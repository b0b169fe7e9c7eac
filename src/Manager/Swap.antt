-- ===== src/Manager/Swap.antt =====
-- `ProcessReplace` keeps the invariant.
use longhorn_instance_manage.Base.{
  ℕ, Text, ◌≡◌, refl, Bool, true, false, not, Option, none, some, arith, ◌∙◌, sym, subst, inl, inr,
  Bool-cases, Option-cases, ◌||◌, Error, Result, ok, err, status, not_found, text_eq, is_empty,
  lookup, codes, ap,
}
use longhorn_instance_manage.Bitmap.{PortBitmap}
use longhorn_instance_manage.Process.{close_logger}
use longhorn_instance_manage.Process.Response.{ProcessSpec}
use longhorn_instance_manage.Manager.{
  Manager, sighup, sigint, contains, init_process_replace, replace_taken, take_ports,
  commit_replace, drop_replacement,
}
use longhorn_instance_manage.Manager.Handlers.{Env, new_process, add_object, modify, start_process}
use longhorn_instance_manage.Manager.Replace.{
  cleanup_replacement, replace_committed, replace_waited, replace_started, replace_initialized,
  process_replace,
}
use longhorn_instance_manage.Manager.Invariant.{Inv, IsFresh}
use longhorn_instance_manage.Manager.Begin.{init_process_replace-Inv}
use longhorn_instance_manage.Manager.Sections.{drop_replacement-Inv, commit_replace-Inv}
use longhorn_instance_manage.Manager.Holders.{lookup-TableBelow}
use longhorn_instance_manage.Manager.Local.{
  Local-Inv, log_lem, modify-Local, close_logger-Keeps, stop_with_signal-Local, start_process-Local,
}
use longhorn_instance_manage.Manager.Rely.{
  Rely, Held, Held-Local, Held-others, wait_replacement-Held,
}
use longhorn_instance_manage.Manager.Calls.{added-Inv, added-IsNewest}

module _ {B : Type 0} (bm : PortBitmap B) (env : Env B) where
  -- `cleanupReplacementProcess`.
  pub cleanup_replacement-Inv :
      (r old : ℕ) (m : Manager B) → Held bm r old m → Inv bm (cleanup_replacement bm env r m)
  unfolding cleanup_replacement
  cleanup_replacement-Inv r old m held =
      let held' = Held-Local bm r old m (stop_with_signal-Local bm sigint (env.now 0) r m) held in
      drop_replacement-Inv bm r _ held'.inv held'.own

  -- A refused replacement leaves the manager as it was.
  pub commit_replace-false :
      (r old : ℕ) (m : Manager B)
      → (commit_replace bm r old m).1 ≡ false
      → (commit_replace bm r old m).0 ≡ m
  unfolding commit_replace
  commit_replace-false r old m h = ground arith

  module _ (r old : ℕ) (rely : Rely bm env.others r) where
    -- The last section, and what follows it: the replacement is either in the table or given up.
    committed-Inv :
        (res : Manager B × Bool)
        → Inv bm res.0
        → (res.1 ≡ false → Held bm r old res.0)
        → Inv bm (replace_committed bm env r res).0
    unfolding replace_committed
    committed-Inv (m, false) v held = cleanup_replacement-Inv r old m (held refl)
    committed-Inv (m, true) v held =
        rely.keeps 3 _ (Local-Inv bm m (log_lem bm m _ m.goroutines m.signals) v)

    replace_committed-Inv :
        (m : Manager B)
        → Held bm r old m
        → Inv bm (replace_committed bm env r (commit_replace bm r old m)).0
    replace_committed-Inv m held =
        committed-Inv (commit_replace bm r old m)
          (commit_replace-Inv bm r old m held.inv held.own held.exists)
          (λ h. subst (Held bm r old) (sym (commit_replace-false r old m h)) held)

    replace_waited-Inv :
        (res : Manager B × Bool) → Held bm r old res.0 → Inv bm (replace_waited bm env r old res).0
    unfolding replace_waited
    replace_waited-Inv (m, false) held = cleanup_replacement-Inv r old m held
    replace_waited-Inv (m, true) held = replace_committed-Inv _ (
        Held-others bm env.others r old 2 _ rely
          (Held-Local bm r old m (stop_with_signal-Local bm sighup (env.now 1) old m) held))

    replace_started-Inv :
        (res : Manager B × Option Text)
        → Held bm r old res.0
        → Inv bm (replace_started bm env r old res).0
    unfolding replace_started
    replace_started-Inv (m, some e) held = cleanup_replacement-Inv r old m held
    replace_started-Inv (m, none) held = replace_waited-Inv _ (
        wait_replacement-Held bm env.others 30 r old _ rely
          (Held-others bm env.others r old 1 m rely held))

    same_binary-Inv :
        (m : Manager B) → Held bm r old m → Inv bm (drop_replacement bm r (modify r close_logger m))
    same_binary-Inv m held =
        let held' =
          Held-Local bm r old m (modify-Local bm r close_logger m (close_logger-Keeps _)) held in
        drop_replacement-Inv bm r _ held'.inv held'.own

    pub replace_initialized-Inv :
        (m : Manager B) → Held bm r old m → Inv bm (replace_initialized bm env r (m, ok old)).0
    unfolding replace_initialized
    replace_initialized-Inv m held =
        let now = env.others 0 m in
        let held' = Held-others bm env.others r old 0 m rely held in
        elim (Bool-cases (text_eq (now.heap old).binary (now.heap r).binary)) [
          | inl h ↦ rw h (same_binary-Inv now held')
          | inr h ↦ rw h (
              replace_started-Inv (start_process env.command_error r now)
                (Held-Local bm r old now (start_process-Local bm env.command_error r now) held'))
        ]

  replace_taken_ok :
      (r i old : ℕ) (res : Manager B × Option Error)
      → (replace_taken bm r i res).1 ≡ ok old
      → (i ≡ old)
        × (contains r (replace_taken bm r i res).0.replacing ≡ true)
        × ((replace_taken bm r i res).0.next ≡ res.0.next)
  unfolding replace_taken
  replace_taken_ok r i old (m, some e) h = cc
  replace_taken_ok r i old (m, none) h = (cc, ground arith, refl)

  pub init_missing :
      (r : ℕ) (m : Manager B)
      → lookup (m.heap r).name m.processes ≡ none
      → init_process_replace bm r m ≡ (m, err (status not_found))
  unfolding init_process_replace
  init_missing r m e = rw (e, init_process_replace)

  init_found :
      (r i : ℕ) (m : Manager B)
      → lookup (m.heap r).name m.processes ≡ some i
      → init_process_replace bm r m ≡ replace_taken bm r i (take_ports bm r m)
  unfolding init_process_replace
  init_found r i m e = rw (e, init_process_replace)

  take_ports_next : (r : ℕ) (m : Manager B) → (take_ports bm r m).0.next ≡ m.next
  unfolding take_ports
  take_ports_next r m = refl

  -- What `initProcessReplace` returns exists, and the new object is the call's own.
  init_process_replace-Held :
      (r old : ℕ) (m : Manager B)
      → Inv bm m
      → Inv bm (init_process_replace bm r m).0
      → (init_process_replace bm r m).1 ≡ ok old
      → Held bm r old (init_process_replace bm r m).0
  init_process_replace-Held r old m v v' h =
      elim (Option-cases (lookup (m.heap r).name m.processes)) [
        | inl missing ↦ cc (ap (λ (x : Manager B × Result ℕ). x.1) (init_missing r m missing))
        | inr (i, e) ↦
            let found = init_found r i m e in
            let (same, own, next) =
              replace_taken_ok r i old (take_ports bm r m)
                (sym (ap (λ (x : Manager B × Result ℕ). x.1) found) ∙ h) in
            let kept = ap (λ (x : Manager B × Result ℕ). x.0.next) found in
            record {
              inv = v';
              own = ap (λ (x : Manager B × Result ℕ). contains r x.0.replacing) found ∙ own;
              exists = omega (
                arith,
                same,
                next,
                kept,
                take_ports_next r m,
                lookup-TableBelow m.next (m.heap r).name m.processes i v.table e,
              );
            }
      ]

  replaced-Inv :
      (r : ℕ) (res : Manager B × Result ℕ)
      → Rely bm env.others r
      → Inv bm res.0
      → ((old : ℕ) → res.1 ≡ ok old → Held bm r old res.0)
      → Inv bm (replace_initialized bm env r res).0
  unfolding replace_initialized
  replaced-Inv r (m, err e) rely v held =
      Local-Inv bm m (modify-Local bm r close_logger m (close_logger-Keeps _)) v
  replaced-Inv r (m, ok old) rely v held = replace_initialized-Inv r old rely m (held old refl)

  -- From a well-formed manager, `ProcessReplace` leaves a well-formed one on every branch, if its
  -- UUID is fresh and the goroutines that run while it waits keep managers well formed, remove no
  -- object and leave its own replacement alone.
  pub process_replace-Inv :
      (spec : ProcessSpec) (terminate : Text) (m : Manager B)
      → Inv bm m
      → IsFresh bm m env.uuid
      → Rely bm env.others m.next
      → Inv bm (process_replace bm env spec terminate m).0
  unfolding process_replace
  process_replace-Inv spec terminate m v fresh rely =
      elim (Bool-cases (is_empty spec.name || is_empty spec.binary)) [
        | inl h ↦ rw h v
        | inr h ↦ elim (Bool-cases (not (text_eq terminate (codes "SIGHUP")))) [
          | inl t ↦ rw (h, t) v
          | inr t ↦ elim (Option-cases env.logger_error) [
            | inr (e, l) ↦ rw (h, t, l) v
            | inl l ↦
                let added = add_object (new_process spec env.uuid) m in
                let v' = added-Inv bm env spec m v fresh in
                let begun =
                  init_process_replace-Inv bm m.next added v' (added-IsNewest bm env spec m v) in
                rw (h, t, l)
                  (replaced-Inv m.next (init_process_replace bm m.next added) rely begun
                    (λ old. init_process_replace-Held m.next old added v' begun))
          ]
        ]
      ]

_Problem to solve_
The response should be an exact copy of the lines from the one with "(λ old. init_process_replace-Held" through the end of the data, with no other text.

_Solved exercise_
                    (λ old. init_process_replace-Held m.next old added v' begun))
          ]
        ]
      ]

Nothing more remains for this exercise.